Rather than taking a snapshot view of clinical trials, we track thousands of daily changes across multiple data sources to find the most crucial updates. Each of those events are classified and ranked by noteworthy criteria defined by STAT journalists and other expert sources.
By deriving and aggregating proprietary events and continuously looking at these new data points longitudinally, event detection algorithms are able to surface trends that provide an up-to-date view of emerging activity that others may miss.
“The new tool gathers vital information and context on clinical trials far more efficiently than I can do myself — and the algorithm’s ability to surface otherwise invisible trends is truly remarkable,” said STAT News Kate Sheridan, one of the journalists who contributed to the effort.
For example, consider these two trials, both with recent status updates to 'Recruiting':
You’ll see that the update to the same status in these trials received two different classifications. That’s due to the editorial considerations of the trials’ patterns.
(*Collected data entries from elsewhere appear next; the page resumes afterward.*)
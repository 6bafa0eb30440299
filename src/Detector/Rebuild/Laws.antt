-- ===== src/Detector/Rebuild/Laws.antt =====
-- The indices of the tokens and pools, and the edges that they know.
use sovereign_shadow_mev.Prelude.{
  ℕ, zero, suc, ◌+◌, ◌<◌, ◌≡◌, refl, ap, subst, arith, Bool, true, false, ◌||◌, Option, none, some,
  List, [], ◌∷◌, ◌++◌, length, get_elem?, contains, ◌==◌, if◌then◌else◌, Returns, Bool-cases, inl,
  inr,
}
use sovereign_shadow_mev.Mirror.Traders.{set_insert}
use sovereign_shadow_mev.Detector.Graph.{StaticEdge}
use sovereign_shadow_mev.Detector.Select.{Selected}
use sovereign_shadow_mev.Detector.Rebuild.{
  PoolEdge, pool_edges, token_set, pool_list, index_from, unwrap,
}

-- An index below `n`, or none where the key is not there.
abbrev pub InRange : Bool → ℕ → Option ℕ → Type 0
InRange there n none = there ≡ false
InRange there n (some j) = j < n

index_step :
    (found : Option ℕ) (i n : ℕ) (there here : Bool)
    → InRange there (suc i + n) found
    → InRange
        (here || there)
        (i + suc n)
        (elim found [ some j ↦ some j | none ↦ if here then some i else none ])
index_step none i n there true h = omega arith
index_step none i n there false h = h
index_step (some j) i n there here h = omega arith

pub index_from-InRange :
    (i : ℕ) (xs : List ℕ) (key : ℕ)
    → InRange (contains xs key) (i + length xs) (index_from i xs key)
unfolding index_from contains
index_from-InRange i [] key = refl
index_from-InRange i (x ∷ xs) key =
    index_step (index_from (suc i) xs key) i (length xs) (contains xs key) (x == key)
      (index_from-InRange (suc i) xs key)

pub unwrap-InRange :
    (there : Bool) (n : ℕ) (found : Option ℕ)
    → there ≡ true
    → InRange there n found
    → Returns (unwrap found) (λ j. j < n)
unwrap-InRange there n none e h = ground arith
unwrap-InRange there n (some j) e h = h

contains-set_insert :
    (y : ℕ) (xs : List ℕ) (x : ℕ) → contains (set_insert y xs) x ≡ ((y == x) || contains xs x)
unfolding set_insert contains
contains-set_insert y xs x = elim (Bool-cases (contains xs y)) [
  | inr absent ↦ rw absent refl
  | inl there ↦ elim (Bool-cases (y == x)) [
    | inr differs ↦ rw (there, differs) refl
    | inl same ↦
        let e : y ≡ x = ground arith in
        let found : contains xs x ≡ true = subst (λ z. contains xs z ≡ true) e there in
        rw (there, same) found
  ]
]

-- Both ends of an edge that the indices know.
abbrev pub IsKnown : List ℕ → List ℕ → PoolEdge → Type 0
IsKnown pools tokens e = (contains pools e.pool_address ≡ true) × (contains tokens e.token_b ≡ true)

abbrev pub AllKnown : List ℕ → List ℕ → List PoolEdge → Type 0
AllKnown pools tokens [] = Unit
AllKnown pools tokens (e ∷ es) = IsKnown pools tokens e × AllKnown pools tokens es

AllKnown-mono :
    (pools pools2 tokens tokens2 : List ℕ) (es : List PoolEdge)
    → ((x : ℕ) → contains pools x ≡ true → contains pools2 x ≡ true)
    → ((x : ℕ) → contains tokens x ≡ true → contains tokens2 x ≡ true)
    → AllKnown pools tokens es
    → AllKnown pools2 tokens2 es
AllKnown-mono pools pools2 tokens tokens2 [] h k known = tt
AllKnown-mono pools pools2 tokens tokens2 (e ∷ es) h k known = (
  (h e.pool_address known.0.0, k e.token_b known.0.1),
  AllKnown-mono pools pools2 tokens tokens2 es h k known.1,
)

pub pool_edges-AllKnown :
    (selected : List Selected)
    → AllKnown (pool_list selected) (token_set selected) (pool_edges selected)
unfolding pool_edges token_set contains
pool_edges-AllKnown [] = tt
pool_edges-AllKnown ((pool, reg) ∷ selected) =
    let inner = set_insert reg.token_0 (token_set selected) in
    let in0 = contains-set_insert reg.token_0 (token_set selected) in
    let in1 = contains-set_insert reg.token_1 inner in
    let at0 = in0 reg.token_0 in
    let at1 = in1 reg.token_1 in
    let then0 = in1 reg.token_0 in
    (
      (ground arith, ground arith),
      (
        (ground arith, ground arith),
        AllKnown-mono (pool_list selected) (pool ∷ pool_list selected) (token_set selected)
            (set_insert reg.token_1 inner) (pool_edges selected) (λ x h. ground arith)
            (λ x h. let a = in0 x in let b = in1 x in ground arith) (pool_edges-AllKnown selected),
      ),
    )

-- Both indices of an edge are in bounds.
abbrev pub AllInside : ℕ → ℕ → List StaticEdge → Type 0
AllInside p t [] = Unit
AllInside p t (e ∷ es) = (e.target_token_idx < t) × (e.pool_idx < p) × AllInside p t es

pub AllInside-append :
    (p t : ℕ) (xs ys : List StaticEdge)
    → AllInside p t xs
    → AllInside p t ys
    → AllInside p t (xs ++ ys)
AllInside-append p t [] ys h k = k
AllInside-append p t (x ∷ xs) ys h k = (h.0, h.1, AllInside-append p t xs ys h.2 k)

pub AllInside-at :
    (p t : ℕ) (es : List StaticEdge) (i : ℕ)
    → AllInside p t es
    → i < length es
    → (e : StaticEdge) × (get_elem? es i ≡ some e) × (e.target_token_idx < t) × (e.pool_idx < p)
AllInside-at p t [] i h lt = absurd (omega (arith, lt))
AllInside-at p t (e ∷ es) zero h lt = (e, refl, h.0, h.1)
AllInside-at p t (e ∷ es) (suc i) h lt = AllInside-at p t es i h.2 (omega arith)

-- An index from `i` on at which the key stands.
abbrev IsAt : ℕ → List ℕ → ℕ → Option ℕ → Type 0
IsAt i xs key none = Unit
IsAt i xs key (some k) = (j : ℕ) × (k ≡ i + j) × (j < length xs) × (get_elem? xs j ≡ some key)

IsAt-step :
    (found : Option ℕ) (i x key : ℕ) (xs : List ℕ)
    → IsAt (suc i) xs key found
    → IsAt i
        (x ∷ xs)
        key
        (elim found [ some j ↦ some j | none ↦ if x == key then some i else none ])
IsAt-step (some k) i x key xs (j, e, lt, there) = (suc j, omega arith, omega arith, there)
IsAt-step none i x key xs h = elim (Bool-cases (x == key)) [
  | inr differs ↦ rw differs tt
  | inl same ↦ let e : x ≡ key = ground arith in rw same (zero, omega arith, omega arith, ap some e)
]

index_from-IsAt : (xs : List ℕ) (key i : ℕ) → IsAt i xs key (index_from i xs key)
unfolding index_from
index_from-IsAt [] key i = tt
index_from-IsAt (x ∷ xs) key i =
    IsAt-step (index_from (suc i) xs key) i x key xs (index_from-IsAt xs key (suc i))

pub index_from-here :
    (xs : List ℕ) (key k : ℕ)
    → index_from 0 xs key ≡ some k
    → (k < length xs) × (get_elem? xs k ≡ some key)
index_from-here xs key k h =
    let (j, e, lt, there) = subst (IsAt 0 xs key) h (index_from-IsAt xs key 0) in
    (omega arith, subst (λ n. get_elem? xs n ≡ some key) {x = j} {y = k} (omega arith) there)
The first trial, experiencing a ‘Recruitment Strategy’ event, changed from ‘Enrolling by Invitation’ to ‘Recruiting.’ A change from a specific, invitation-based strategy to a broader, more general recruiting strategy may indicate that the trial is struggling with enrollment goals, or that they've expanded their intended population to a larger group.
The second trial, experiencing a ‘Re-Entering Recruitment’ event, changed from ‘Active, not recruiting’ to ‘Recruiting.’ This may indicate that thus far, the data collected isn’t substantive to prove statistically significant efficacy, so in hopes of improving these metrics, the trial is enrolling an increased number of patients.
This is how we use aggregate patterns to assign editorial labels. Furthermore, we can mine unstructured data from clinical trial events to assign classification. For example, a trial stopping early can have different implications based on the reason it stopped:
Once we’ve defined the parameters of an editorial classification or signal to be surfaced, the models are trained to detect and classify these editorial definitions at scale on an ongoing basis.